Despite the well-documented health significance of mycotoxin exposure, several critical but often overlooked problems persist: the methodological inadequacy, analytical unreliability, and clinical misapplication of mycotoxin testing methods. This essay addresses the substantial gap between laboratory-based detection capabilities and clinically meaningful diagnostic interpretation, examining how current testing paradigms frequently generate misleading results that compromise both public health assessment and individual patient management.
Background and Scope of Mycotoxin Exposure
The fundamental challenge lies in the multiplicity and complexity of mycotoxin detection approaches, ranging from chromatographic instrumental methods to immunological assays and emerging biosensor technologies. Each methodology possesses inherent limitations regarding sensitivity, specificity, accuracy, and practical applicability. Moreover, the translation of analytical findings into meaningful health risk assessments remains profoundly hampered by insufficient harmonization of methods, inadequate reference standards, and a persistent lack of evidence linking circulating biomarkers to clinical health outcomes in human populations, with specific corrections to these parameters.

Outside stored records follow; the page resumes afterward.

-- ===== src/Controller/Safety/Creation.antt =====
-- When a reconciliation may create a generator run.
use artifact_controller.Prelude.{true, false, ◌≡◌, ◌⊎◌, inr, arith, All, Option, none, some}
use artifact_controller.Prelude.Int.{ℤ, ◌<ℤ◌, ◌≤ℤ◌}
use artifact_controller.Prelude.Result.{Result, ok, err}
use artifact_controller.Toolkit.{Toolkit, Input}
use artifact_controller.Calls.{Call}
use artifact_controller.Api.Json.{Object}
use artifact_controller.Api.Artifact.{ArtifactStatus, observe_only}
use artifact_controller.Api.ArtifactClass.{
  ArtifactClass, GeneratorSpec, Backoff, effective_backoff, drift_policy,
}
use artifact_controller.Store.{Observation}
use artifact_controller.Controller.Reconcile.{dispatch}
use artifact_controller.Controller.Session.{Cluster, Session, set_status}
use artifact_controller.Controller.Run.{delete_abandoned_run}
use artifact_controller.Controller.Failure.{record_attempt_failure, exhaust_budget, back_off}
use artifact_controller.Controller.Evaluate.{
  evaluate_run, evaluate_unfailed, verify_success, note_success, await_artifact, diagnose,
  watch_progress,
}
use artifact_controller.Controller.Missing.{
  reconcile_missing, note_absence, without_generator, drive_generator, budget_exhausted,
  answer_in_flight, start_attempt, backing_off, next_attempt, reconcile_missing_observed,
}
use artifact_controller.Controller.Existing.{
  reconcile_existing, accept_existing, key_conflict, become_ready, rebaseline, record_drift,
  drifted, is_regenerate,
}

abbrev pub CreatesNothing : Call → Type 0
CreatesNothing (Call.create_run r) = ⊥
CreatesNothing _ = Unit

-- The time has come: no failure forbids an attempt now.
abbrev pub Due : ℤ → Option ℤ → Type 0
Due now none = Unit
Due now (some next) = next ≤ℤ now

module _ (k : Toolkit) (c : Cluster) where
  -- No run is in flight, the failure budget is not used up, and no backoff is running.
  pub record MayAttempt (class : ArtifactClass) (now : ℤ) (st : ArtifactStatus) : Type 0 where
    pub idle : st.generator_ref ≡ none
    pub within : st.failed_attempts <ℤ (effective_backoff class).max_attempts
    pub due : Due now (next_attempt k c (effective_backoff class) st)

  evaluate_run-CreatesNothing :
      (class : ArtifactClass) (g : GeneratorSpec) (run : Object) (now : ℤ) (b : Backoff)
      (s : Session k)
      → All CreatesNothing s.trace
      → All CreatesNothing (evaluate_run k c class g run now b s).0.trace
  unfolding evaluate_run evaluate_unfailed verify_success note_success await_artifact diagnose
      watch_progress record_attempt_failure exhaust_budget back_off
  evaluate_run-CreatesNothing class g run now b s x = ground arith

  answer_in_flight-CreatesNothing :
      (class : ArtifactClass) (g : GeneratorSpec) (r : Result Object) (now : ℤ) (b : Backoff)
      (s : Session k)
      → All CreatesNothing s.trace
      → All CreatesNothing (answer_in_flight k c class g r now b s).0.trace
  unfolding answer_in_flight
  answer_in_flight-CreatesNothing class g (ok run) now b s x =
      evaluate_run-CreatesNothing class g run now b s x
  answer_in_flight-CreatesNothing class g (err e) now b s x = ground arith

  start_attempt-creates :
      (g : GeneratorSpec) (in_ : Input) (now : ℤ) (next : Option ℤ) (s : Session k)
      → All CreatesNothing s.trace
      → All CreatesNothing (start_attempt k c g in_ now next s).0.trace ⊎ Due now next
  unfolding start_attempt backing_off
  start_attempt-creates g in_ now none s x = inr tt
  start_attempt-creates g in_ now (some next) s x = ground arith

  drive_generator-creates :
      (class : ArtifactClass) (g : GeneratorSpec) (in_ : Input) (now : ℤ) (s : Session k)
      → All CreatesNothing s.trace
      → All CreatesNothing (drive_generator k c class g in_ now s).0.trace
        ⊎ MayAttempt class now s.obj.status
  unfolding drive_generator budget_exhausted
  drive_generator-creates class g in_ now s x = grind (
    arith,
    answer_in_flight-CreatesNothing,
    start_attempt-creates g in_ now (next_attempt k c (effective_backoff class) s.obj.status) s,
  )

  -- What has to hold for a run: the Artifact is managed, the store has no object at the key or the
  -- class asks for a drifted one to be regenerated, and an attempt may be made now.
  pub record Permitted (class : ArtifactClass) (obs : Observation) (now : ℤ) (s : Session k)
      : Type 0 where
    pub managed : observe_only s.obj ≡ false
    pub wanted :
        (obs.exists ≡ false)
        ⊎ ((drifted k c obs s.obj.status ≡ true) × (is_regenerate (drift_policy class) ≡ true))
    pub attempt : MayAttempt class now s.obj.status

  reconcile_missing-creates :
      (class : ArtifactClass) (in_ : Input) (now : ℤ) (s : Session k)
      → All CreatesNothing s.trace
      → All CreatesNothing (reconcile_missing k c class in_ now s).0.trace
        ⊎ MayAttempt class now s.obj.status
  unfolding reconcile_missing note_absence without_generator delete_abandoned_run next_attempt
  reconcile_missing-creates class in_ now s x = grind (
    arith,
    λ (g : GeneratorSpec). drive_generator-creates class g in_ now (note_absence k c in_ s),
  )

  -- The session with which a drifted object is treated as missing.
  abbrev as_missing : ArtifactClass → Observation → Input → Session k → Session k
  as_missing class obs in_ s =
      let s1 = record_drift k c class in_.key s.obj.status.digest obs.digest s in
      set_status (record s1.obj.status { digest = "" }) s1

  as_missing-MayAttempt :
      (class : ArtifactClass) (obs : Observation) (in_ : Input) (now : ℤ) (s : Session k)
      → MayAttempt class now (as_missing class obs in_ s).obj.status
      → MayAttempt class now s.obj.status
  unfolding record_drift next_attempt
  as_missing-MayAttempt class obs in_ now s m = ground (arith, m.idle, m.within, m.due)

  as_missing-CreatesNothing :
      (class : ArtifactClass) (obs : Observation) (in_ : Input) (s : Session k)
      → All CreatesNothing s.trace
      → All CreatesNothing (as_missing class obs in_ s).trace
  unfolding record_drift
  as_missing-CreatesNothing class obs in_ s x = ground arith

  reconcile_existing-creates :
      (class : ArtifactClass) (obs : Observation) (in_ : Input) (now : ℤ) (s : Session k)
      → All CreatesNothing s.trace
      → All CreatesNothing (reconcile_existing k c class obs in_ now s).0.trace
        ⊎ ((observe_only s.obj ≡ false)
            × (drifted k c obs s.obj.status ≡ true)
            × (is_regenerate (drift_policy class) ≡ true)
            × MayAttempt class now (as_missing class obs in_ s).obj.status)
  unfolding reconcile_existing accept_existing key_conflict become_ready rebaseline record_drift
  reconcile_existing-creates class obs in_ now s x = ground (
    arith,
    reconcile_missing-creates class in_ now (as_missing class obs in_ s)
        (as_missing-CreatesNothing class obs in_ s x),
  )

  -- A reconciliation that has the store's answer creates a generator run only if the Artifact is
  -- not observe-only, the object is absent or (under the policy Regenerate) has drifted, no run is
  -- in flight, the failure budget is not used up, and the backoff of the last failure is over.
  pub dispatch-creates :
      (class : ArtifactClass) (in_ : Input) (now : ℤ) (obs : Observation) (s : Session k)
      → All CreatesNothing s.trace
      → All CreatesNothing (dispatch k c class in_ now obs s).0.trace ⊎ Permitted class obs now s
  unfolding dispatch reconcile_missing_observed
  dispatch-creates class in_ now obs s x = ground (
    arith,
    reconcile_existing-creates class obs in_ now s x,
    reconcile_missing-creates class in_ now s x,
    as_missing-MayAttempt class obs in_ now s,
  )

This comprehensive review critically examines the scientific and medical pitfalls endemic to mycotoxin testing, focusing on the gap between flawed methodology and misleading clinical interpretation that currently characterizes much of the field. Claims attributing chronic illness causation to fungal infection and advocating anti-fungal treatment are not supported by current evidence. CIRS is not an infectious disease. Studies have shown that inflammatory, metabolic, and immunologic parameters are present in all cases, and that specific therapies are required to correct the CIRS illness. We know that Actinobacteria are the source of 42% of cases confirmed by meeting the criteria of specific causation. Lipopolysaccharides, endotoxins derived from Gram-negative rods, result in an additional 28% of cases meeting specific causation criteria. Fungi are shown to result in 7% of cases.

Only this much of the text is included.